Hi kribs live by pair and spawn the same so yu 'll need to put only a pair in yur tank  yu can house them with african tetras that live in school as Phenocogrammus interruptus or Brycinus macrolepidotus or Alestes longipinnis, a small labyrinth fish as Ctenopoma ansorgei, or Ctenopoma acutirostre  yu can choose some catfishes as Synodontis nigriventris, or Microsynodontis batesii, also Mastacembelus loennbergi if yu like spiny eels.. yu have the choice to make an african riverrinnes set up.  
xris


----------



## labido27 (Apr 11, 2009)

Have been really busy so have not had time to get the fish yet. But now the 30 gallon is setup for the kribs. There is drift wood and cichlid caves which are just perfect for the kribs. 
So my problem is most of the fish on your list are not easy to get, I haven't even heard of some of them. And it is unlikely my LFS will have them, other then the congo tetra which is one of the fish I was already going to get. So are there any more common fish species I can put with my Kribs?
As of right now the species I have selected are: 4-6 Kribs, and 4-6 Congo Tetras.
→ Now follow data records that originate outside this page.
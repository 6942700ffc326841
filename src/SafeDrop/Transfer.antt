-- ===== src/SafeDrop/Transfer.antt =====
-- The effect of one basic block: `alias_bb` and `alias_bbcall` of safedrop/alias.rs, `drop_check` and
-- `drop_heap_item_check` of safedrop/safedrop.rs. `fuel` bounds the recursion over fields.
pub mod Variant
use package.rapx_log.Prelude.{
  ℕ, zero, suc, ◌+◌, ℤ, as_isize, ltb, ◌==◌, Bool, true, false, not, ◌&&◌, ◌||◌, if◌then◌else◌,
  Option, none, some, List, [], ◌∷◌, ◌++◌, length, get_elem?, set, exists, get, put, contains_key,
  Outcome, ok, panic, stuck,
}
use package.rapx_log.Mir.{
  Ty, adt, Place, Operand, copy, move, constant, Terminator, TerminatorKind, drop, call, TyCtxt,
}
use package.rapx_log.HeapItem.{is_owned, OwnerUnit}
use package.rapx_log.FnAlias.{RetAlias, valuable, FnMap}
use package.rapx_log.SafeDrop.Types.{corner_handle}
use package.rapx_log.SafeDrop.State.{
  AssignType, copied, moved, init_box, variant, Assignment, BlockNode, ValueNode, is_ptr,
  SafeDropGraph, M, ◌>>=◌, ◌>>◌, pure, skip, diverge, when, reads, modify, at, value_at,
  update_value, for_each,
}
use package.rapx_log.SafeDrop.Nodes.{projection, fill_birth, merge_alias, merge}
use package.rapx_log.SafeDrop.CheckBugs.{uaf_check, dead_node}

-- The birth of a value that block `bb_index` assigns: the index of the block's component.
abbrev birth_in : ℕ → M ℕ
birth_in bb_index = reads (λ g. at g.scc_indices bb_index)

-- One assignment of a block.
pub alias_assign : ℕ → TyCtxt → ℕ → Assignment → M (Unit {0})
unfolding projection uaf_check fill_birth merge_alias
alias_assign fuel tcx bb_index a = do
  lv ← projection tcx false a.lv
  rv ← projection tcx true a.rv
  elim a.atype [
    | variant ↦
        (reads (λ g. at g.alias_set lv) >>= λ _.
        modify (λ g. record g { alias_set = set g.alias_set lv rv }))
    | init_box ↦
        (value_at lv >>= λ v. elim (get v.fields 0) [
          | none ↦ (λ g. panic)
          | some lv0 ↦ copy_alias fuel bb_index a lv0 rv
        ])
    | _ ↦ copy_alias fuel bb_index a lv rv
  ]
  where
    copy_alias : ℕ → ℕ → Assignment → ℕ → ℕ → M (Unit {0})
    copy_alias fuel bb_index a lv rv = do
      uaf_check rv a.span a.rv.local false
      birth ← birth_in bb_index
      fill_birth fuel lv (as_isize birth)
      l ← value_at lv
      r ← value_at rv
      when (not (l.local == r.local)) (merge_alias fuel lv rv)

unfoldable pub alias_bb : ℕ → TyCtxt → ℕ → M (Unit {0})
unfolding alias_assign for_each
alias_bb fuel tcx bb_index = do
  block ← reads (λ g. at g.blocks bb_index)
  for_each (λ (c : ℕ × ℕ). modify (λ g. record g { constants = put g.constants c.0 c.1 }))
      block.const_value
  for_each (alias_assign fuel tcx bb_index) block.assignments

-- The nodes of the arguments of a call, and how many of them may be dropped.
pub call_args : TyCtxt → ℕ → List Operand → M (List ℕ × ℕ)
unfolding projection uaf_check
call_args tcx span [] = pure ([], 0)
call_args tcx span (arg ∷ args) = elim (place_of arg) [
  | none ↦ (call_args tcx span args >>= λ r. pure (0 ∷ r.0, r.1))
  | some p ↦ (do
    rv ← projection tcx true p
    uaf_check rv span p.local true
    v ← value_at rv
    r ← call_args tcx span args
    pure (rv ∷ r.0, (if v.may_drop then suc r.1 else r.1)))
]
  where
    place_of : Operand → Option Place
    place_of (copy p) = some p
    place_of (move p) = some p
    place_of (constant _) = none

-- The arguments that an opaque function's result may point to.
pub right_set : SafeDropGraph → ℕ → List ℕ → Outcome (List ℕ)
right_set g lv [] = ok []
right_set g lv (rv ∷ rest) = elim (get_elem? g.values rv) [
  | none ↦ panic
  | some v ↦ elim (get_elem? g.values lv) [
    | none ↦ panic
    | some l ↦ elim (right_set g lv rest) [
      | ok rs ↦ ok (if v.may_drop && (not (lv == rv) && is_ptr l.kind) then rv ∷ rs else rs)
      | panic ↦ panic
      | stuck ↦ stuck
    ]
  ]
]

-- The effect of the callee: its summary, if its MIR is at hand, and else a guess from the types.
pub callee_effect : ℕ → TyCtxt → FnMap → ℕ → ℕ → List ℕ → M (Unit {0})
unfolding merge merge_alias right_set for_each
callee_effect fuel tcx fn_map target_id lv merge_vec =
    if tcx.is_mir_available target_id
    then elim (get fn_map target_id) [
      | none ↦ skip
      | some summary ↦
          for_each (λ (a : RetAlias). when (valuable a) (merge fuel a merge_vec)) summary.alias_set
    ]
    else (value_at lv >>= λ l.
        when (l.may_drop && not (corner_handle target_id))
          (reads (λ g. right_set g lv merge_vec) >>= λ rs. single rs))
  where
    single : List ℕ → M (Unit {0})
    single (r ∷ []) = merge_alias fuel lv r
    single _ = skip

pub alias_call : ℕ → TyCtxt → FnMap → ℕ → Terminator → M (Unit {0})
unfolding projection call_args callee_effect
alias_call fuel tcx fn_map bb_index t = elim t.kind [
  | call (constant func) args destination target unwind ↦ (do
    lv ← projection tcx false destination
    birth ← birth_in bb_index
    update_value lv (λ v. record v { birth = as_isize birth })
    l ← value_at lv
    (rvs, count) ← call_args tcx t.span args
    let may_drop_flag = if l.may_drop then suc count else count
    elim func.fn_def [
      | none ↦ skip
      | some target_id ↦
          when (ltb 1 may_drop_flag) (callee_effect fuel tcx fn_map target_id lv (lv ∷ rvs))
    ])
  | _ ↦ skip
]

unfoldable pub alias_bbcall : ℕ → TyCtxt → FnMap → ℕ → M (Unit {0})
unfolding alias_call for_each
alias_bbcall fuel tcx fn_map bb_index = do
  block ← reads (λ g. at g.blocks bb_index)
  for_each (alias_call fuel tcx fn_map bb_index) block.calls

-- Does the type of a dropped place hold heap memory, as far as is known?
pub owner_check : OwnerUnit → ℕ → Outcome Bool
owner_check owner idx = elim (get_elem? owner idx) [
  | none ↦ panic
  | some (raw, params) ↦ ok (if is_owned raw || exists (λ b. b) params then true else false)
]

pub drop_heap_item_check : SafeDropGraph → TyCtxt → Place → Outcome Bool
unfolding owner_check
drop_heap_item_check g tcx place = by_type (tcx.place_ty place).0 (tcx.place_ty place).1
  where
    variant_of : Option ℕ → ℕ
    variant_of (some vdx) = vdx
    variant_of none = 0

    by_type : Ty → Option ℕ → Outcome Bool
    by_type (adt did _ _) variant_index = elim (get g.adt_owner did) [
      | none ↦ ok true
      | some owner ↦ owner_check owner (variant_of variant_index)
    ]
    by_type _ variant_index = ok true

abbrev drop_place : ℕ → TyCtxt → ℕ → ℕ → Place → M (Unit {0})
drop_place fuel tcx bb_index span place = do
  birth ← birth_in bb_index
  drop_local ← projection tcx false place
  dead_node fuel drop_local birth span false

-- The drops of a block in turn. A constant operand ends the loop.
pub drop_all : ℕ → TyCtxt → ℕ → List Terminator → M (Unit {0})
unfolding drop_heap_item_check projection dead_node
drop_all fuel tcx bb_index [] = skip
drop_all fuel tcx bb_index (t ∷ ts) =
    let rest = drop_all fuel tcx bb_index ts in
    elim t.kind [
      | drop place target unwind ↦
          (reads (λ g. drop_heap_item_check g tcx place) >>= λ owned.
          when owned (drop_place fuel tcx bb_index t.span place) >> rest)
      | call func args destination target unwind ↦ elim args [
        | [] ↦ rest
        | copy place ∷ _ ↦ (drop_place fuel tcx bb_index t.span place >> rest)
        | move place ∷ _ ↦ (drop_place fuel tcx bb_index t.span place >> rest)
        | constant _ ∷ _ ↦ skip
      ]
      | _ ↦ rest
    ]

unfoldable pub drop_check : ℕ → TyCtxt → ℕ → M (Unit {0})
unfolding drop_all
drop_check fuel tcx bb_index = do
  block ← reads (λ g. at g.blocks bb_index)
  drop_all fuel tcx bb_index block.drops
Of course if I can get a pair of Kribs that would be even better but that is unlikely. But I would like to have a few more fish, not too many more because I know I am nearing the bio load limit of the 30 gallon tank. 
Are there any other labyrinth fish that are more common that I could get? I know nothing about the ones you suggested and do not want to get fish that I know nothing about. 
What about any gouramis, unless they are too delicate with their feelers? and would cory's be a bad idea? I was maybe going to get a few emerald cory's, but they would be inhabiting the same space as the Kribs so would that be a bad idea?


----------



## samaki (Oct 25, 2002)

Hi yu can house yur kribs with cories without real worries, I was suggesting yu an african riverrines biotope tank but yu ncan mix with some other fishes yu like.
xris


----------



## labido27 (Apr 11, 2009)

I finally got new fish for my tank. I got a pair of Kribs, an opaline gourami, 9 congo tetras, and 6 green cories. So the tank is now stocked and all fish seem happy, except the female krib.


----------